Energy efficiency is a focal point of the 19XL design. With an impressive Seasonal Energy Efficiency Ratio (SEER) and Heating Seasonal Performance Factor (HSPF), this unit not only helps reduce energy costs but also supports environmental sustainability initiatives. The unit is equipped with environmentally friendly refrigerants, further contributing to lower greenhouse gas emissions.

The Carrier 19XL features a user-friendly control system, allowing for easy monitoring and management of the unit's performance. This control system is designed to maximize energy savings, offering features such as demand control ventilation and integrated economizers that facilitate the use of outdoor air for cooling, reducing reliance on mechanical systems when conditions allow.

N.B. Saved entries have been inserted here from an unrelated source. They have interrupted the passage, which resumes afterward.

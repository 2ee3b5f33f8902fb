-- ===== src/Rbac/Laws.antt =====
-- What `Grant` and `Revoke` change of what a user can do.
use isopace.Common.{
  ◌≡◌, refl, sym, ap, ◌∙◌, ◌⊎◌, inl, inr, true, false, ◌||◌, ◌&&◌, Option, none, some, List, [],
  ◌∷◌, arith,
}
use isopace.Common.{if◌then◌else◌, Bytes, eq_bytes, eq_bytes→eq, ok, err, Bool-cases, Option-cases}
use isopace.Rbac.{
  Policy, User, put, has, insert, remove, grant, revoke, role_can, any_role, can, no_such_user,
}

module _ {Credential : Type 0} (p : Policy Credential) (perm : Bytes) where
  -- A role that is among the others adds nothing.
  any_role-has :
      (r : Bytes) (rs : List Bytes)
      → has r rs ≡ true
      → (role_can p r perm || any_role p perm rs) ≡ any_role p perm rs
  unfolding any_role has
  any_role-has r [] h = absurd (cc)
  any_role-has r (x ∷ rs) h = elim (Bool-cases (eq_bytes r x)) [
    | inl e ↦ let q : r ≡ x = eq_bytes→eq r x e in rw q (ground arith)
    | inr e ↦ ground (arith, any_role-has r rs)
  ]

  any_role-insert :
      (r : Bytes) (rs : List Bytes)
      → any_role p perm (insert r rs) ≡ (role_can p r perm || any_role p perm rs)
  unfolding insert any_role
  any_role-insert r rs = elim (Bool-cases (has r rs)) [
    | inl h ↦ rw h (sym (any_role-has r rs h))
    | inr h ↦ rw h refl
  ]

  any_role-remove :
      (r : Bytes) (rs : List Bytes)
      → any_role p perm rs ≡ (any_role p perm (remove r rs) || (has r rs && role_can p r perm))
  unfolding remove any_role has
  any_role-remove r [] = refl
  any_role-remove r (x ∷ rs) = elim (Bool-cases (eq_bytes r x)) [
    | inl e ↦
        let q : r ≡ x = eq_bytes→eq r x e in
        ground (arith, any_role-remove r rs, ap (λ z. role_can p z perm) q)
    | inr e ↦ ground (arith, any_role-remove r rs)
  ]

  -- Only the roles of the policy count for what a set of roles can do.
  any_role_users :
      (us : Bytes → Option (User Credential)) (rs : List Bytes)
      → any_role (record p { users = us }) perm rs ≡ any_role p perm rs
  unfolding any_role role_can
  any_role_users us [] = refl
  any_role_users us (r ∷ rs) = rw (any_role_users us rs) refl

  can-some :
      (u : Bytes) {usr : User Credential}
      → p.users u ≡ some usr
      → can p u perm ≡ any_role p perm usr.roles
  unfolding can
  can-some u q = rw (can, q) refl

  can-none : (u : Bytes) → p.users u ≡ none → can p u perm ≡ false
  unfolding can
  can-none u q = rw (can, q) refl

put_here :
    {A : Type 0} (k key : Bytes) (v : A) (m : Bytes → Option A)
    → eq_bytes k key ≡ true
    → put key v m k ≡ some v
unfolding put
put_here k key v m e = rw e refl

put_other :
    {A : Type 0} (k key : Bytes) (v : A) (m : Bytes → Option A)
    → eq_bytes k key ≡ false
    → put key v m k ≡ m k
unfolding put
put_other k key v m e = rw e refl

module _ {Credential : Type 0} (p : Policy Credential) (perm : Bytes) where
  -- Changing the roles of one user.
  can-put :
      (user u : Bytes) (usr : User Credential) (rs : List Bytes)
      → can (record p { users = put user (record usr { roles = rs }) p.users }) u perm
        ≡ (if eq_bytes u user then any_role p perm rs else can p u perm)
  can-put user u usr rs =
      let new : User Credential = record usr { roles = rs } in
      let us = put user new p.users in
      let q : Policy Credential = record p { users = us } in
      elim (Bool-cases (eq_bytes u user)) [
        | inl e ↦
            can-some q perm u (put_here u user new p.users e)
            ∙ any_role_users p perm us rs
            ∙ rw e refl
        | inr e ↦
            let same = put_other u user new p.users e in
            elim (Option-cases (p.users u)) [
              | inl n ↦ can-none q perm u (same ∙ n) ∙ sym (can-none p perm u n) ∙ rw e refl
              | inr (v, n) ↦
                  can-some q perm u (same ∙ n)
                  ∙ any_role_users p perm us v.roles
                  ∙ sym (can-some p perm u n)
                  ∙ rw e refl
            ]
      ]

module _ {Credential : Type 0} (p : Policy Credential) (user role : Bytes) where
  grant-some :
      (usr : User Credential)
      → p.users user ≡ some usr
      → grant user role p
        ≡ ok (record p { users = put user (record usr { roles = insert role usr.roles }) p.users })
  unfolding grant
  grant-some usr q = rw (grant, q) refl

  revoke-some :
      (usr : User Credential)
      → p.users user ≡ some usr
      → revoke user role p
        ≡ ok (record p { users = put user (record usr { roles = remove role usr.roles }) p.users })
  unfolding revoke
  revoke-some usr q = rw (revoke, q) refl

  -- A user that exists can do, after `Grant`, what it could before and what the role can; no other user
  -- gains or loses anything. An unknown user is refused.
  pub can-grant :
      ((p.users user ≡ none) × (grant user role p ≡ err no_such_user))
      ⊎ ((q : Policy Credential) × ((grant user role p ≡ ok q)
            × ((u perm : Bytes)
                → can q u perm ≡ (can p u perm || (eq_bytes u user && role_can p role perm)))))
  unfolding grant
  can-grant = elim (Option-cases (p.users user)) [
    | inl q ↦ inl (q, rw (grant, q) refl)
    | inr (usr, q) ↦ inr (
      _,
      (
        grant-some usr q,
        λ u perm. elim (Bool-cases (eq_bytes u user)) [
          | inl e ↦
              let same : u ≡ user = eq_bytes→eq u user e in
              can-put p perm user u usr (insert role usr.roles)
              ∙ ground (
                arith,
                any_role-insert p perm role usr.roles,
                can-some p perm user q,
                ap (λ z. can p z perm) same,
              )
          | inr e ↦ can-put p perm user u usr (insert role usr.roles) ∙ ground arith
        ],
      ),
    )
  ]

  -- After `Revoke`, what the user could do is what it still can and what the role could, if the user
  -- had it; no other user gains or loses anything. An unknown user is refused.
  pub can-revoke :
      ((p.users user ≡ none) × (revoke user role p ≡ err no_such_user))
      ⊎ ((usr : User Credential) × ((q : Policy Credential) × ((p.users user ≡ some usr)
              × ((revoke user role p ≡ ok q)
                  × ((u perm : Bytes)
                      → can p u perm ≡ (
                          can q u perm
                          || (eq_bytes u user && (has role usr.roles && role_can p role perm))))))))
  unfolding revoke
  can-revoke = elim (Option-cases (p.users user)) [
    | inl q ↦ inl (q, rw (revoke, q) refl)
    | inr (usr, q) ↦ inr (
      usr,
      (
        _,
        (
          q,
          (
            revoke-some usr q,
            λ u perm. elim (Bool-cases (eq_bytes u user)) [
              | inl e ↦
                  let same : u ≡ user = eq_bytes→eq u user e in
                  ground (
                    arith,
                    can-put p perm user u usr (remove role usr.roles),
                    any_role-remove p perm role usr.roles,
                    can-some p perm user q,
                    ap (λ z. can p z perm) same,
                  )
              | inr e ↦ ground (arith, can-put p perm user u usr (remove role usr.roles))
            ],
          ),
        ),
      ),
    )
  ]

Construction-wise, the Carrier 19XL is built to withstand tough environmental conditions. Its robust cabinet is made from galvanized steel, providing durability and protection against the elements. The design also includes insulation to minimize noise levels, creating a more comfortable indoor environment.

Maintenance is a key consideration in the design of the 19XL. The unit features accessible service ports and a simplified access panel, allowing technicians to perform routine maintenance with ease. This proactive design helps ensure the longevity of the system and minimizes downtime, keeping operations running smoothly.

In summary, the Carrier 19XL is an exceptional choice for commercial heating and cooling needs. With its energy-efficient features, advanced technology, and durable construction, it stands out as a reliable solution for businesses looking for sustainable climate control options.